*Provided information:*
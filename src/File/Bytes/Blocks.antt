-- ===== src/File/Bytes/Blocks.antt =====
-- Reads and writes of byte strings that are joined of parts.
use mathlib.Core.List.{append_assoc, append-nil}
use hit_database_exp3p2_cpp.Base.{
  ℕ, zero, suc, ◌+◌, ◌-◌, ◌<◌, ◌≡◌, refl, ap, some, none, true, false, leb, List, [], ◌∷◌, ◌++◌,
  arith, length, take, drop, slice, splice, replicate, length-append, length-replicate,
}
use hit_database_exp3p2_cpp.File.Bytes.{stream_write, stream_read}

module _ {A : Type 0} where
  take-append : (a b : List A) (n k : ℕ) → n ≡ length a + k → take n (a ++ b) ≡ a ++ take k b
  unfolding take
  take-append [] b n k e = let d : n ≡ k = omega arith in ap (λ i. take i b) d
  take-append (x ∷ a) b zero k e = absurd (omega arith)
  take-append (x ∷ a) b (suc n) k e = ap (λ xs. x ∷ xs) (take-append a b n k (omega arith))

  drop-append : (a b : List A) (n k : ℕ) → n ≡ length a + k → drop n (a ++ b) ≡ drop k b
  unfolding drop
  drop-append [] b n k e = let d : n ≡ k = omega arith in ap (λ i. drop i b) d
  drop-append (x ∷ a) b zero k e = absurd (omega arith)
  drop-append (x ∷ a) b (suc n) k e = drop-append a b n k (omega arith)

  drop-nil : (n : ℕ) → drop {A = A} n [] ≡ []
  unfolding drop
  drop-nil zero = refl
  drop-nil (suc n) = refl

  pub replicate-append :
      (m k n : ℕ) (v : A) → n ≡ m + k → replicate n v ≡ replicate m v ++ replicate k v
  unfolding replicate
  replicate-append zero k n v e = let d : n ≡ k = omega arith in ap (λ i. replicate i v) d
  replicate-append (suc m) k zero v e = absurd (omega arith)
  replicate-append (suc m) k (suc n) v e =
      ap (λ xs. v ∷ xs) (replicate-append m k n v (omega arith))

slice-append :
    (a b : List ℕ) (pos k n : ℕ) → pos ≡ length a + k → slice (a ++ b) pos n ≡ slice b k n
unfolding slice
slice-append a b pos k n e = ap (take n) (drop-append a b pos k e)

splice-append :
    (a b t : List ℕ) (pos k n : ℕ)
    → pos ≡ length a + k
    → splice (a ++ b) pos n t ≡ a ++ splice b k n t
unfolding splice
splice-append a b t pos k n e =
    rw (take-append a b pos k e, drop-append a b (pos + n) (k + n) (omega arith))
      (append_assoc a (take k b) (t ++ drop (k + n) b))

pub stream_write-append :
    (a b t : List ℕ) (pos k : ℕ)
    → pos ≡ length a + k
    → stream_write pos t (a ++ b) ≡ a ++ stream_write k t b
unfolding stream_write
stream_write-append a b t pos k e =
    let pad : pos - length (a ++ b) ≡ k - length b = omega (arith, length-append a b) in
    rw (pad, append_assoc a b (replicate (k - length b) 0))
      (splice-append a (b ++ replicate (k - length b) 0) t pos k (length t) e)

-- A write over a part of its length, at the end, and behind the end.
pub stream_write_block : (x b t : List ℕ) → length t ≡ length x → stream_write 0 t (x ++ b) ≡ t ++ b
unfolding stream_write splice take drop replicate
stream_write_block x b t e =
    let pad : 0 - length (x ++ b) ≡ 0 = omega arith in
    rw (pad, append-nil (x ++ b), drop-append x b (0 + length t) 0 (omega arith)) refl

pub stream_write_end : (t : List ℕ) → stream_write 0 t [] ≡ t
unfolding stream_write splice take replicate
stream_write_end t = rw (drop-nil {A = ℕ} (0 + length t)) (append-nil t)

pub stream_write_pad :
    (m k pos : ℕ) (t : List ℕ)
    → pos ≡ m + k
    → stream_write pos t [] ≡ replicate m 0 ++ stream_write k t []
unfolding stream_write
stream_write_pad m k pos t e =
    let whole : pos - 0 ≡ pos = omega arith in
    let rest : k - 0 ≡ k = omega arith in
    rw (whole, rest, replicate-append {A = ℕ} m k pos 0 e)
      (splice-append (replicate m 0) (replicate k 0) t pos k (length t)
        (omega (arith, length-replicate {A = ℕ} m 0)))

pub stream_read-append :
    (a b : List ℕ) (pos k n : ℕ)
    → pos ≡ length a + k
    → stream_read pos n (a ++ b) ≡ stream_read k n b
unfolding stream_read
stream_read-append a b pos k n e =
    let test : leb (pos + n) (length (a ++ b)) ≡ leb (k + n) (length b) =
      ground (arith, length-append a b) in
    rw (test, slice-append a b pos k n e) refl

pub stream_read_block : (x b : List ℕ) (n : ℕ) → n ≡ length x → stream_read 0 n (x ++ b) ≡ some x
unfolding stream_read slice take drop
stream_read_block x b n e =
    let test : leb (0 + n) (length (x ++ b)) ≡ true = ground (arith, length-append x b) in
    rw (test, take-append x b n 0 (omega arith)) (ap (λ ys. some ys) (append-nil x))

pub stream_read_short : (b : List ℕ) (pos n : ℕ) → length b < pos + n → stream_read pos n b ≡ none
unfolding stream_read
stream_read_short b pos n h =
    let test : leb (pos + n) (length b) ≡ false = ground arith in rw test refl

*Problem to solve:*
The entire listing is to be printed once more, word for word.

*Result of this task:*
filename src/File/Bytes/Blocks.antt
-- ===== src/File/Bytes/Blocks.antt =====
-- Reads and writes of byte strings that are joined of parts.
use mathlib.Core.List.{append_assoc, append-nil}
use hit_database_exp3p2_cpp.Base.{
  ℕ, zero, suc, ◌+◌, ◌-◌, ◌<◌, ◌≡◌, refl, ap, some, none, true, false, leb, List, [], ◌∷◌, ◌++◌,
  arith, length, take, drop, slice, splice, replicate, length-append, length-replicate,
}
use hit_database_exp3p2_cpp.File.Bytes.{stream_write, stream_read}

module _ {A : Type 0} where
  take-append : (a b : List A) (n k : ℕ) → n ≡ length a + k → take n (a ++ b) ≡ a ++ take k b
  unfolding take
  take-append [] b n k e = let d : n ≡ k = omega arith in ap (λ i. take i b) d
  take-append (x ∷ a) b zero k e = absurd (omega arith)
  take-append (x ∷ a) b (suc n) k e = ap (λ xs. x ∷ xs) (take-append a b n k (omega arith))

  drop-append : (a b : List A) (n k : ℕ) → n ≡ length a + k → drop n (a ++ b) ≡ drop k b
  unfolding drop
  drop-append [] b n k e = let d : n ≡ k = omega arith in ap (λ i. drop i b) d
  drop-append (x ∷ a) b zero k e = absurd (omega arith)
  drop-append (x ∷ a) b (suc n) k e = drop-append a b n k (omega arith)

  drop-nil : (n : ℕ) → drop {A = A} n [] ≡ []
  unfolding drop
  drop-nil zero = refl
  drop-nil (suc n) = refl

  pub replicate-append :
      (m k n : ℕ) (v : A) → n ≡ m + k → replicate n v ≡ replicate m v ++ replicate k v
  unfolding replicate
  replicate-append zero k n v e = let d : n ≡ k = omega arith in ap (λ i. replicate i v) d
  replicate-append (suc m) k zero v e = absurd (omega arith)
  replicate-append (suc m) k (suc n) v e =
      ap (λ xs. v ∷ xs) (replicate-append m k n v (omega arith))

slice-append :
    (a b : List ℕ) (pos k n : ℕ) → pos ≡ length a + k → slice (a ++ b) pos n ≡ slice b k n
unfolding slice
slice-append a b pos k n e = ap (take n) (drop-append a b pos k e)

splice-append :
    (a b t : List ℕ) (pos k n : ℕ)
    → pos ≡ length a + k
    → splice (a ++ b) pos n t ≡ a ++ splice b k n t
unfolding splice
splice-append a b t pos k n e =
    rw (take-append a b pos k e, drop-append a b (pos + n) (k + n) (omega arith))
      (append_assoc a (take k b) (t ++ drop (k + n) b))

pub stream_write-append :
    (a b t : List ℕ) (pos k : ℕ)
    → pos ≡ length a + k
    → stream_write pos t (a ++ b) ≡ a ++ stream_write k t b
unfolding stream_write
stream_write-append a b t pos k e =
    let pad : pos - length (a ++ b) ≡ k - length b = omega (arith, length-append a b) in
    rw (pad, append_assoc a b (replicate (k - length b) 0))
      (splice-append a (b ++ replicate (k - length b) 0) t pos k (length t) e)

-- A write over a part of its length, at the end, and behind the end.
pub stream_write_block : (x b t : List ℕ) → length t ≡ length x → stream_write 0 t (x ++ b) ≡ t ++ b
unfolding stream_write splice take drop replicate
stream_write_block x b t e =
    let pad : 0 - length (x ++ b) ≡ 0 = omega arith in
    rw (pad, append-nil (x ++ b), drop-append x b (0 + length t) 0 (omega arith)) refl

pub stream_write_end : (t : List ℕ) → stream_write 0 t [] ≡ t
unfolding stream_write splice take replicate
stream_write_end t = rw (drop-nil {A = ℕ} (0 + length t)) (append-nil t)

pub stream_write_pad :
    (m k pos : ℕ) (t : List ℕ)
    → pos ≡ m + k
    → stream_write pos t [] ≡ replicate m 0 ++ stream_write k t []
unfolding stream_write
stream_write_pad m k pos t e =
    let whole : pos - 0 ≡ pos = omega arith in
    let rest : k - 0 ≡ k = omega arith in
    rw (whole, rest, replicate-append {A = ℕ} m k pos 0 e)
      (splice-append (replicate m 0) (replicate k 0) t pos k (length t)
        (omega (arith, length-replicate {A = ℕ} m 0)))

pub stream_read-append :
    (a b : List ℕ) (pos k n : ℕ)
    → pos ≡ length a + k
    → stream_read pos n (a ++ b) ≡ stream_read k n b
unfolding stream_read
stream_read-append a b pos k n e =
    let test : leb (pos + n) (length (a ++ b)) ≡ leb (k + n) (length b) =
      ground (arith, length-append a b) in
    rw (test, slice-append a b pos k n e) refl

pub stream_read_block : (x b : List ℕ) (n : ℕ) → n ≡ length x → stream_read 0 n (x ++ b) ≡ some x
unfolding stream_read slice take drop
stream_read_block x b n e =
    let test : leb (0 + n) (length (x ++ b)) ≡ true = ground (arith, length-append x b) in
    rw (test, take-append x b n 0 (omega arith)) (ap (λ ys. some ys) (append-nil x))

pub stream_read_short : (b : List ℕ) (pos n : ℕ) → length b < pos + n → stream_read pos n b ≡ none
unfolding stream_read
stream_read_short b pos n h =
    let test : leb (pos + n) (length b) ≡ false = ground arith in rw test refl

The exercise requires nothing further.